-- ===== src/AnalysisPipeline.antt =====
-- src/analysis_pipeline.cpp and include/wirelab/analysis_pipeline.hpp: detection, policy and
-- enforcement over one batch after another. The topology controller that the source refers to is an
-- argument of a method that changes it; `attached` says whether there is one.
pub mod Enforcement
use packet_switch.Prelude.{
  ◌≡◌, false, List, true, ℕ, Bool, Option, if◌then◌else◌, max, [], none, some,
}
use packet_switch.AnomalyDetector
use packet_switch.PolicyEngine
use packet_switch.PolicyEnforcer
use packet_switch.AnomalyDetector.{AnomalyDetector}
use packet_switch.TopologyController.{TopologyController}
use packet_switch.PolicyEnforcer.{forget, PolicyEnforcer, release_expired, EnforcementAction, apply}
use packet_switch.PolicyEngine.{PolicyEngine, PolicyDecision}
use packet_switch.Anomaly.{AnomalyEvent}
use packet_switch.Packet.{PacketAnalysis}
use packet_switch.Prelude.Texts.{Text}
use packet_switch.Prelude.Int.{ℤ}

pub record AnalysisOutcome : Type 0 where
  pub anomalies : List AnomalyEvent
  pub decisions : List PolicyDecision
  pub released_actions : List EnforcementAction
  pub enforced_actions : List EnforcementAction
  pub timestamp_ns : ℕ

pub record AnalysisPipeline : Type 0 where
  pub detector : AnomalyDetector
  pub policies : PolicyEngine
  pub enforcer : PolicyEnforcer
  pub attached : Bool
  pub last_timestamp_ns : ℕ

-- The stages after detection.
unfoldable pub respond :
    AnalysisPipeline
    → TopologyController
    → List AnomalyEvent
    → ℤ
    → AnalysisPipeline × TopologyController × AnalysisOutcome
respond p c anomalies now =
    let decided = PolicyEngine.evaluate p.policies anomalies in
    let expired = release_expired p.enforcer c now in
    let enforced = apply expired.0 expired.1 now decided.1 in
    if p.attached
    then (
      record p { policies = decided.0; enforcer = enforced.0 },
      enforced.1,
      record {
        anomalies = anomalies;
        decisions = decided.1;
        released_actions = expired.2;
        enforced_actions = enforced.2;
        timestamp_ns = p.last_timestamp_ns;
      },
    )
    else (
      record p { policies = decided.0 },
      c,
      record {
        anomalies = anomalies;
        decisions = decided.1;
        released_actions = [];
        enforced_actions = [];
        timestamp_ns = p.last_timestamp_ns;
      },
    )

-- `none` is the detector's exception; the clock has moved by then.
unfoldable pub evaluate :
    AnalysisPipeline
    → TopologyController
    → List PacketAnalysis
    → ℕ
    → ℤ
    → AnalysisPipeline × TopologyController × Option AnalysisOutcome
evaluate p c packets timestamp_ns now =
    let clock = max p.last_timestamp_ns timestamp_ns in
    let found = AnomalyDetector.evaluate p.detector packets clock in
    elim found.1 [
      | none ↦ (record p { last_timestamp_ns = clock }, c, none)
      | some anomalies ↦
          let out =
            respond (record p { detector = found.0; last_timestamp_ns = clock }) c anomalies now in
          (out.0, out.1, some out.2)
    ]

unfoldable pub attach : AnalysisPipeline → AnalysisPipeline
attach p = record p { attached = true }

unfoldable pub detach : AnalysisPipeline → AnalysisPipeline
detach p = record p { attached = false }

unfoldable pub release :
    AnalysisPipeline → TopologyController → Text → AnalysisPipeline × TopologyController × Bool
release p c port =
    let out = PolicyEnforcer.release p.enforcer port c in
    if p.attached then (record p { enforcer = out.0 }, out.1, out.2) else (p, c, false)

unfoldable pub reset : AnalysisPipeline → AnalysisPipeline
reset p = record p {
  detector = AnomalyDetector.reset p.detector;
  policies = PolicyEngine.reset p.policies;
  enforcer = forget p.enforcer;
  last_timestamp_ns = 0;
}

§ THE PROBLEM: Everything above from the line containing "AnalysisPipeline → TopologyController" down to the line containing "detector = AnomalyDetector.reset" should be copied exactly, both end lines included, and nothing else.

§ TASK RESPONSE:
    AnalysisPipeline → TopologyController → Text → AnalysisPipeline × TopologyController × Bool
release p c port =
    let out = PolicyEnforcer.release p.enforcer port c in
    if p.attached then (record p { enforcer = out.0 }, out.1, out.2) else (p, c, false)

unfoldable pub reset : AnalysisPipeline → AnalysisPipeline
reset p = record p {
  detector = AnomalyDetector.reset p.detector;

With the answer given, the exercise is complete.